Give the number of lines in the records below that contain the word "absurd". State only that number.

++++++++++++++++++++

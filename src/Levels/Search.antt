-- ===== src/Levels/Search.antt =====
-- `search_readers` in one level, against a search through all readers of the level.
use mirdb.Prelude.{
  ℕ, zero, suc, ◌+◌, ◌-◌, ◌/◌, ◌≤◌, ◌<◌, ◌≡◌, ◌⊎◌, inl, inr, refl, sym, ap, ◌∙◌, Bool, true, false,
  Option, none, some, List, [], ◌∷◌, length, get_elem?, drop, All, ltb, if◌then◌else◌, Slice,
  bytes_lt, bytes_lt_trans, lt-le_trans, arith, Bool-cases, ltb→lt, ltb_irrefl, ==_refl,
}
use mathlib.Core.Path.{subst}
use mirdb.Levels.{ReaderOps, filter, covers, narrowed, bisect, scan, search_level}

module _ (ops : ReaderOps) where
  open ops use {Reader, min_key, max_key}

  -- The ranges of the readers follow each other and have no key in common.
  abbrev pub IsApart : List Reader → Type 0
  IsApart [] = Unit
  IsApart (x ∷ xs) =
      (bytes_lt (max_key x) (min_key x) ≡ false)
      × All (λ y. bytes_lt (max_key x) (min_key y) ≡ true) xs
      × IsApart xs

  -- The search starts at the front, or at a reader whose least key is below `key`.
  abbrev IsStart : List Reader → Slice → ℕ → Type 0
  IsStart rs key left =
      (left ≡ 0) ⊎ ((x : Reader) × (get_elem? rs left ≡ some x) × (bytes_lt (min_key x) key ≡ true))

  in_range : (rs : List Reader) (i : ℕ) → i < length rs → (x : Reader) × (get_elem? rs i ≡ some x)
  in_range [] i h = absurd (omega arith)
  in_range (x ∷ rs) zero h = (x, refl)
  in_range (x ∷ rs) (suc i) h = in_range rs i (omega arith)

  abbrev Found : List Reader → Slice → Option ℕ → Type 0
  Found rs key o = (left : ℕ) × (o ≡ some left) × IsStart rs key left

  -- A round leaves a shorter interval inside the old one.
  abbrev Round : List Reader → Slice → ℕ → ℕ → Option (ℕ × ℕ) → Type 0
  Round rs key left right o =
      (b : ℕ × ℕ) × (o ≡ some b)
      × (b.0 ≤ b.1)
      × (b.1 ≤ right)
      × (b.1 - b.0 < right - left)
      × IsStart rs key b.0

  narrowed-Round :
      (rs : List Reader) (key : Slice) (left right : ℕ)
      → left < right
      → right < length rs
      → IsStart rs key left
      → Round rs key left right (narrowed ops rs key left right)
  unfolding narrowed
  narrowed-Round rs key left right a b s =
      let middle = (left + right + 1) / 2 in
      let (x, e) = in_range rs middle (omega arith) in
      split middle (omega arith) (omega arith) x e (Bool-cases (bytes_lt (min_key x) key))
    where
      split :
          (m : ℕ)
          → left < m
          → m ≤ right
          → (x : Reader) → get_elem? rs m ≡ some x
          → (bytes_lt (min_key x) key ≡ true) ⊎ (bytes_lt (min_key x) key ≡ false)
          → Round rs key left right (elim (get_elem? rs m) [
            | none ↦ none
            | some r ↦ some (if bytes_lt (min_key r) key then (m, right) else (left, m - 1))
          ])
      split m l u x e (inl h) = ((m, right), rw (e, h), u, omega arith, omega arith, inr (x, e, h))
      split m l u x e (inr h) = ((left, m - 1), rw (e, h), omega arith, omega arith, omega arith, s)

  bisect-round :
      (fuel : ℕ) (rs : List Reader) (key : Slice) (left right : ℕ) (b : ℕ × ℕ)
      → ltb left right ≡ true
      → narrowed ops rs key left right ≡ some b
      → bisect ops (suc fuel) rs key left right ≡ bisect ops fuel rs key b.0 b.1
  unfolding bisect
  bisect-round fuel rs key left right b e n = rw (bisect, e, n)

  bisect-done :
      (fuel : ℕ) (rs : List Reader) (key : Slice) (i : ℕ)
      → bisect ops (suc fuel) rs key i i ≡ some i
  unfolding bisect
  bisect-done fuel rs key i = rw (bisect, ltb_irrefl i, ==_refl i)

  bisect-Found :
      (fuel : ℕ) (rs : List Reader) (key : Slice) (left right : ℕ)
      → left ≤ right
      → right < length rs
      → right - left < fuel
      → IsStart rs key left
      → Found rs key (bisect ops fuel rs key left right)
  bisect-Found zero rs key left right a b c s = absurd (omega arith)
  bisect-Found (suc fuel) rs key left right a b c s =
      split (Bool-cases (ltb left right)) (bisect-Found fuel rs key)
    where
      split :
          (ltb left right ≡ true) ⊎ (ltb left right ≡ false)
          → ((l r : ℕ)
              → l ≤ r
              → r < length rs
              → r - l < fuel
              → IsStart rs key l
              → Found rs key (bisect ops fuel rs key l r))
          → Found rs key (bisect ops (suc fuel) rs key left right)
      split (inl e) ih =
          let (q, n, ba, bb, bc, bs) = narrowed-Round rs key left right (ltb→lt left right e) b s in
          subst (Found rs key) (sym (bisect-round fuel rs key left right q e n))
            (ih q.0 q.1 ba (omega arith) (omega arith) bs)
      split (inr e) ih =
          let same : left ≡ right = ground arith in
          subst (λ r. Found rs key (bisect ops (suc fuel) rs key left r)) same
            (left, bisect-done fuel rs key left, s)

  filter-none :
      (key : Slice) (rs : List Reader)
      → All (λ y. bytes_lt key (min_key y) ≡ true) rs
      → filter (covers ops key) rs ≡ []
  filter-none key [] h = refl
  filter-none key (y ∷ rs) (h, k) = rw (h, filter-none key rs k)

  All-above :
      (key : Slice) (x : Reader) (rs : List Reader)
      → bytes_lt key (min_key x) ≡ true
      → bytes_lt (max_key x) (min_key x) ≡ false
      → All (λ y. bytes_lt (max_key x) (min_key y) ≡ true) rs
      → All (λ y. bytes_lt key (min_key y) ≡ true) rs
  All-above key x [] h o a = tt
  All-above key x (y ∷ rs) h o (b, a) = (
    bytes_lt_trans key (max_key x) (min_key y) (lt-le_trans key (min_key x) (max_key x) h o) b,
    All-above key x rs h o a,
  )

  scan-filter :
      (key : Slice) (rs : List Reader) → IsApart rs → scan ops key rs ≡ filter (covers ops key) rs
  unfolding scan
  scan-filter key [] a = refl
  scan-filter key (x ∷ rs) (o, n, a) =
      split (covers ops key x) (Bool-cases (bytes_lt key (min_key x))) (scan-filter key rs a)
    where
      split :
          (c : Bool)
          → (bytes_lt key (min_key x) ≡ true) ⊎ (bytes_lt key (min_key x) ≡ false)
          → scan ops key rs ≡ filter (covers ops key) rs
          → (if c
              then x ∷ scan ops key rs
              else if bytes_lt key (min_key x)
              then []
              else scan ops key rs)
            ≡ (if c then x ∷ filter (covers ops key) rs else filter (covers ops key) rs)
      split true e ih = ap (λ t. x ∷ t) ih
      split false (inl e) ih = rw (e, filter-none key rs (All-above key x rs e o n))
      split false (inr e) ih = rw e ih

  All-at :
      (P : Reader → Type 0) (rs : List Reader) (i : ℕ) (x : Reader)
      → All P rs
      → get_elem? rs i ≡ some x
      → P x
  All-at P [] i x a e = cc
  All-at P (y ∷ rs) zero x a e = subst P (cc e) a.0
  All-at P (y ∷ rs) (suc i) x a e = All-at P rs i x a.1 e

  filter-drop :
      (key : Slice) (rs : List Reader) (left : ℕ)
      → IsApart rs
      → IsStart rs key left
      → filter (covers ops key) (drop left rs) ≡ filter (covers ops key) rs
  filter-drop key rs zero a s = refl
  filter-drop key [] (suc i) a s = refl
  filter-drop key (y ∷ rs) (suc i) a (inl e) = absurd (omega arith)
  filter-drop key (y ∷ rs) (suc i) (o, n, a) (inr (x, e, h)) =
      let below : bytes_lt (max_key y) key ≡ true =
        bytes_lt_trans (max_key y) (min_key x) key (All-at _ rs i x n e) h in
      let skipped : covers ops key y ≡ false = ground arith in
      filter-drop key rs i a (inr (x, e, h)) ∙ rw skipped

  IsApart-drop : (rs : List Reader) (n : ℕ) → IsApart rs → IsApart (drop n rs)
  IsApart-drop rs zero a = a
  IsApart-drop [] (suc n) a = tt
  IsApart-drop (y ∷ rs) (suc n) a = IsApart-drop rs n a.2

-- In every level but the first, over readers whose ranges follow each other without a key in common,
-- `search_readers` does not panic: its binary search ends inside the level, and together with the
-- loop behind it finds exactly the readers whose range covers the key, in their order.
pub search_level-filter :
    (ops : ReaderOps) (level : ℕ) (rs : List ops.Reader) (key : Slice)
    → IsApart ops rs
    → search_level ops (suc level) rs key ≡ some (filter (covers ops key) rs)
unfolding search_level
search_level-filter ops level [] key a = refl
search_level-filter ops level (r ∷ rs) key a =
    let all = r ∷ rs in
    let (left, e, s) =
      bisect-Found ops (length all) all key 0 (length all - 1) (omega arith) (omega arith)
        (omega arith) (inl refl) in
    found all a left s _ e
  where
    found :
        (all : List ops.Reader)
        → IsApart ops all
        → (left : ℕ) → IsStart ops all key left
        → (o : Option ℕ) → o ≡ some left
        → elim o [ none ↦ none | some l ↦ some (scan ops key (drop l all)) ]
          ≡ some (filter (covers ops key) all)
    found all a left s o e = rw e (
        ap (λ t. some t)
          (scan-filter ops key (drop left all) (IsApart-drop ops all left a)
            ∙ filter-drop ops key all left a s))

++++++++++++++++++++

Answer area: 3